足立区一般会計補正予算案に対する反対討論

針谷みきお議員


○針谷みきお議員 ただいま議題となりました、第1号議案、平成18年度足立区一般会計補正予算(第3号)について、日本共産党足立区議団を代表して反対の立場から討論を行います。
 この最終補正予算は、審議の中で答弁したように、「区財政優先という考え方が根底にある」という区長の政治姿勢が端的に示された補正予算であります。
 平成18年度は、政府の増税政策で、所得税の公的年金控除の縮小、老年者控除、配偶者特別控除の廃止、定率減税の半減など、区民に大増税が押し付けられました。この税制改定は住民税でも実施され、収入は変わらないのに、非課税から課税となった高齢者が1万3,000人に達するなど、増税が区民の暮らしを圧迫しています。
 また、医療制度の改定で患者の自己負担増が実施され、「現役並み所得」とされた区民の自己負担は1割から2割へ、2割から3割へと3倍の負担増となるなど受診抑制がひどくなりました。民間研究機関「日本医療政策機構」が今年1月、実施した調査では、「医療費を払えない不安のある人が低所得者層では8割をこえ、具合が悪くても受診を控えたという人が4割にのぼりました。
 補正予算では、国民健康保険の保険給付費で17億円余、老人保健医療費拠出金は4億5,800万円余、老人保健医療特別会計の医療給付費でも5億円と、それぞれ大幅な減額修正となっていますが、明らかに受診抑制が起こったことを示しています。

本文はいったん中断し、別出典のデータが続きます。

-- ===== src/MetaServer/Write/File.antt =====
-- `WriteFile` of a name, there or not, and `ReadFile` of the same range after it.
use sponge_bob.Prelude.{
  ℕ, ◌+◌, ◌^◌, ◌≤◌, ◌<◌, ◌≡◌, refl, ap, sym, ◌∙◌, ◌≢◌, String, false, none, some, arith,
  Option-cases, inl, inr, sub64, subst,
}
use sponge_bob.Result.{ok, or_fault, ◌>>=◌}
use sponge_bob.Containers.Table
use sponge_bob.Inode.{Inode, Dentry, reg_file, file_block_size, new_inode, new_dentry, get_dentry}
use sponge_bob.InodeTable.Partition.{get_inode_found}
use sponge_bob.MetaServer.Messages.{TransferRequest, TransferReply, success}
use sponge_bob.MetaServer.Transfer.{read_blocks}
use sponge_bob.MetaServer.Transfer.Located.{locate, Serves}
use sponge_bob.MetaServer.State.{Service, root_inum, create_file_, file_to_write}
use sponge_bob.MetaServer.Handlers.{write_inode_range, write_file, read_file, clamp_length}
use sponge_bob.MetaServer.Consistent.{Consistent}
use sponge_bob.MetaServer.Consistent.Frame.{entry_live}
use sponge_bob.MetaServer.Enlarge.{Room}
use sponge_bob.MetaServer.Create.{Created, create_file__new}
use sponge_bob.MetaServer.Read.{read_file_eq}
use sponge_bob.MetaServer.Write.{blocks_of_size, Fits, write_inode_range_run}

-- There is room for a write: the end of the range is below 2 ^ 51, every server has the blocks for
-- it, and a name that is not there can get an inode.
pub record Writable (hash : String → ℕ) (request : TransferRequest) (s : Service) (root : Inode)
    : Type 0 where
  pub short : request.offset + request.length + file_block_size ≤ 2 ^ 51
  pub room : Room (blocks_of_size (request.offset + request.length)) s.space_manager
  pub inodes :
      get_dentry hash request.name root ≡ none → s.inode_table.cur_size < s.inode_table.total_size

Writable-Fits :
    (hash : String → ℕ) (request : TransferRequest) (s s' : Service) (root i : Inode)
    → Writable hash request s root
    → s'.space_manager ≡ s.space_manager
    → Fits request i s'
Writable-Fits hash request s s' root i w e = record {
  short = w.short;
  room =
      rw e (record {
        some_server = w.room.some_server;
        at = λ k sm f. omega (arith, w.room.at k sm f);
      });
}

-- What a write of a name leaves: the name leads to an inode of which `Written` holds.
pub record FileWritten (hash : String → ℕ) (request : TransferRequest) (s : Service) (root : Inode)
    (reply : TransferReply) (s' : Service) : Type 0 where
  pub consistent : Consistent s'
  pub dentry : Dentry
  pub named : get_dentry hash request.name consistent.root ≡ some dentry
  pub inode : Inode
  pub stored : Table.find dentry.inum s'.inode_table.table ≡ some inode
  pub size : inode.size ≡ request.offset + request.length
  pub type_old :
      (d : Dentry) (i : Inode)
      → get_dentry hash request.name root ≡ some d
      → Table.find d.inum s.inode_table.table ≡ some i
      → inode.type ≡ i.type
  pub type_new : get_dentry hash request.name root ≡ none → inode.type ≡ reg_file
  pub names :
      (other : String)
      → hash other ≢ hash request.name
      → get_dentry hash other consistent.root ≡ get_dentry hash other root
  pub bytes : reply.bytes ≡ request.length
  pub serves : Serves inode.block_info_list request.offset 0 request.length reply.block_info
  pub stays :
      (d : Dentry) (i : Inode) (p : ℕ) (place : ℕ × ℕ)
      → get_dentry hash request.name root ≡ some d
      → Table.find d.inum s.inode_table.table ≡ some i
      → locate i.block_info_list p ≡ some place
      → locate inode.block_info_list p ≡ some place
  pub others :
      (k : ℕ)
      → k ≢ dentry.inum
      → k ≢ root_inum
      → Table.find k s'.inode_table.table ≡ Table.find k s.inode_table.table
  pub file_map : s'.file_map ≡ s.file_map
  pub again : read_blocks inode request.offset request.length ≡ ok (reply.block_info, 0)

-- The root directory of a service is one.
same_root :
    {s s' : Service} (c : Consistent s) (c' : Consistent s')
    → Table.find root_inum s'.inode_table.table ≡ Table.find root_inum s.inode_table.table
    → c'.root ≡ c.root
same_root c c' e = ground (arith, c.root_found, c'.root_found, e)

read_again :
    (hash : String → ℕ) (request : TransferRequest) {s s' : Service} {root : Inode}
    {reply : TransferReply}
    → request.offset + request.length + file_block_size ≤ 2 ^ 51
    → FileWritten hash request s root reply s'
    → read_file hash request s' ≡ ok (success reply, s')
unfolding clamp_length
read_again hash request {s' = s'} {reply = reply} short x =
    let len = request.length in
    let clamped : clamp_length request.offset len x.inode.size ≡ len = ground (arith, x.size) in
    let whole : sub64 len 0 ≡ reply.bytes = omega (arith, x.bytes) in
    read_file_eq hash request x.consistent x.dentry x.inode len 0 reply.block_info x.named x.stored
      clamped x.again
    ∙ ap (λ n. ok (success (record { block_info = reply.block_info; bytes = n }), s')) whole

module _ (hash : String → ℕ) (rand : ℕ → ℕ) (request : TransferRequest) {s : Service}
    (c : Consistent s) (w : Writable hash request s c.root) where
  file_to_write_old :
      (d : Dentry)
      → get_dentry hash request.name c.root ≡ some d
      → file_to_write hash request.name c.root s.inode_table ≡ ok (d.inum, s.inode_table)
  unfolding file_to_write
  file_to_write_old d e = rw (e, file_to_write) refl

  file_to_write_new :
      (i : ℕ) (s' : Service)
      → get_dentry hash request.name c.root ≡ none
      → create_file_ hash request.name false s.inode_table ≡ ok (i, s'.inode_table)
      → Created hash request.name reg_file s c.root i s'
      → file_to_write hash request.name c.root s.inode_table ≡ ok (i, s'.inode_table)
  unfolding file_to_write new_dentry
  file_to_write_new i s' e run made =
      rw (e, file_to_write)
        (rw (run, ◌>>=◌)
          (rw (made.consistent.root_found, or_fault) (rw (made.named, or_fault) refl)))

  write_file_eq :
      (inum : ℕ) (i : Inode) (s1 : Service) (c1 : Consistent s1)
      → file_to_write hash request.name c.root s.inode_table ≡ ok (inum, s1.inode_table)
      → Table.find inum s1.inode_table.table ≡ some i
      → write_file hash rand request s
        ≡ write_inode_range rand inum i request (record s { inode_table = s1.inode_table })
  unfolding write_file
  write_file_eq inum i s1 c1 to found =
      rw (get_inode_found root_inum c.root s.inode_table c.table c.root_found)
        (rw (to, ◌>>=◌) (rw (get_inode_found inum i s1.inode_table c1.table found) refl))

  -- A write of a name that is there.
  write_old :
      (d : Dentry) (i : Inode)
      → get_dentry hash request.name c.root ≡ some d
      → Table.find d.inum s.inode_table.table ≡ some i
      → (reply : TransferReply) × (s' : Service) × (write_file hash rand request s
          ≡ ok (success reply, s'))
        × FileWritten hash request s c.root reply s'
  write_old d i named found =
      let (not_root, _) = entry_live c (hash request.name) d (unfold get_dentry in named) in
      let (reply, s', run, x) =
        write_inode_range_run rand request d.inum i s c not_root found
          (Writable-Fits hash request s s c.root i w refl) in
      let root = same_root c x.consistent (x.others root_inum (λ e. not_root (sym e))) in
      (
        reply,
        s',
        write_file_eq d.inum i s c (file_to_write_old d named) found ∙ run,
        record {
          consistent = x.consistent;
          dentry = d;
          named = ap (get_dentry hash request.name) root ∙ named;
          inode = x.inode;
          stored = x.stored;
          size = x.size;
          type_old = λ d' i' e f.
              let same : d' ≡ d = ground (arith, e, named) in
              let same_inode : i' ≡ i = ground (arith, f, found, same) in
              x.type ∙ ap (λ (y : Inode). y.type) (sym same_inode);
          type_new = λ e. absurd (ground (arith, e, named));
          names = λ other ne. ap (get_dentry hash other) root;
          bytes = x.bytes;
          serves = x.serves;
          stays = λ d' i' p place e f l.
              let same : d' ≡ d = ground (arith, e, named) in
              let same_inode : i' ≡ i = ground (arith, f, found, same) in
              x.stays p place
                (subst (λ (y : Inode). locate y.block_info_list p ≡ some place) same_inode l);
          others = λ k ne nr. x.others k ne;
          file_map = x.file_map;
          again = x.again;
        },
      )

  -- A write of a name that is not there.
  write_new :
      get_dentry hash request.name c.root ≡ none
      → (reply : TransferReply) × (s' : Service) × (write_file hash rand request s
          ≡ ok (success reply, s'))
        × FileWritten hash request s c.root reply s'
  write_new absent =
      let (k, s1, run1, made) = create_file__new hash request.name c absent (w.inodes absent) in
      let (reply, s', run, x) =
        write_inode_range_run rand request k (new_inode reg_file k) s1 made.consistent made.not_root
          made.stored
          (Writable-Fits hash request s s1 c.root (new_inode reg_file k) w
            (ap (λ (y : Service). y.space_manager) made.shape)) in
      let root =
        same_root made.consistent x.consistent (x.others root_inum (λ e. made.not_root (sym e))) in
      (
        reply,
        s',
        write_file_eq k (new_inode reg_file k) s1 made.consistent
              (file_to_write_new k s1 absent run1 made) made.stored
            ∙ ap (write_inode_range rand k (new_inode reg_file k) request) (sym made.shape)
            ∙ run,
        record {
          consistent = x.consistent;
          dentry = new_dentry hash request.name k;
          named = ap (get_dentry hash request.name) root ∙ made.named;
          inode = x.inode;
          stored = unfold new_dentry in x.stored;
          size = x.size;
          type_old = λ d' i' e f. absurd (ground (arith, e, absent));
          type_new = λ e. unfold new_inode in x.type;
          names = λ other ne. ap (get_dentry hash other) root ∙ made.names other ne;
          bytes = x.bytes;
          serves = x.serves;
          stays = λ d' i' p place e f l. absurd (ground (arith, e, absent));
          others = λ j ne nr. unfold new_dentry in (x.others j ne ∙ made.others j ne nr);
          file_map = x.file_map ∙ ap (λ (y : Service). y.file_map) made.shape;
          again = x.again;
        },
      )

  -- In a consistent service with room for it (`Writable`: the end of the range below 2 ^ 51, the
  -- blocks left on every server, a free inode for a new name), a write succeeds. The service stays
  -- consistent; the name leads to an inode whose size is the end of the range, of the file's type or,
  -- if the name is new, a regular file, and names of another hash lead where they led; the reply
  -- counts the whole length and serves each byte of the range by its place in that inode; a byte of
  -- the file that had a place keeps it; the other inodes but the root and the descriptors are as
  -- before; and cutting the range for a read gives the blocks of the reply.
  pub write_file_total :
      (reply : TransferReply) × (s' : Service) × (write_file hash rand request s
        ≡ ok (success reply, s'))
      × FileWritten hash request s c.root reply s'
  write_file_total = elim (Option-cases (get_dentry hash request.name c.root)) [
    | inl absent ↦ write_new absent
    | inr (d, named) ↦
        let (_, (i, found)) = entry_live c (hash request.name) d (unfold get_dentry in named) in
        write_old d i named found
  ]

  -- When such a write has given a reply, a read of the same range answers the same reply, and changes
  -- nothing.
  pub read_file-write_file :
      (reply : TransferReply) (s' : Service)
      → write_file hash rand request s ≡ ok (success reply, s')
      → read_file hash request s' ≡ ok (success reply, s')
  read_file-write_file reply s' run =
      let (reply', s'', run', x) = write_file_total in
      cc (read_again hash request w.short x, run, run')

 さらに、自立支援法の施行により、応益負担などによる負担増や障害者施設の日額制への移行による減収など、障害者の自立阻害ともいえる事態が生まれました。
 介護保険の保険料は、基準額で3,217円から4,380円に引き上げられ、さらにホテルコスト導入など、区民への負担増により、区民生活に大きな影響を与えました。
 このように区民の暮らしが大変な時だからこそ、区民の暮らしを守る施策の実施が求められていました。
 ところが補正予算審議の中で明らかになったように、区長は財源があっても、増税や負担増で苦しむ区民生活の痛みを和らげる施策を実施する考えのないことを繰り返し表明しました。中小企業融資については、中小業者が融資を受けにくくなる国の信用補完制度の見直しを先取りした結果、実績が7割に下がり、1億1,400万円余も減らしています。
 今回の補正予算を見ると、区民税の増収で7億9,000万円余、前年度対比23億円と大幅な増収となっています。さらに土地売却などで6億円余、財政調整交付金36億円余など、70億円近くの新たな歳入があり、最終補正という性格上、各種契約差金、人件費の減などを合わせると、実質的には150億円を超える財源が生まれました。
 しかし、鈴木区政は区民の暮らしを支え、切実な区民要求にこたえるために使うのでなく、異常な「溜め込み」に走り、一気に153億円も基金に積み増ししたのであります。
 中期財政計画でも500億円という基金の目標を達成し、1年間で200億円を超える基金を積み増しし、バブル期に庁舎建設のために積んだ790億円に次ぐ647億円もの基金に到達しています。このことは、まさに区民の暮らしを守るべき自治体が、その責務を忘れ、暮らしを支えず、貧困と格差を助長していると指摘せざるを得ません。足立区にないのはお金ではなく、区民生活を思いやる心です。
 日本共産党区議団は当初予算においても、増税や負担増から区民を守る「痛み和らげ手当」や子育てを応援する「次世代育成クーポン」の支給など、区民生活優先の予算組み替え案を提案してきましたが、そうした区民の暮らし第一の区政への転換を強く求め、補正予算に対する反対討論を終わります。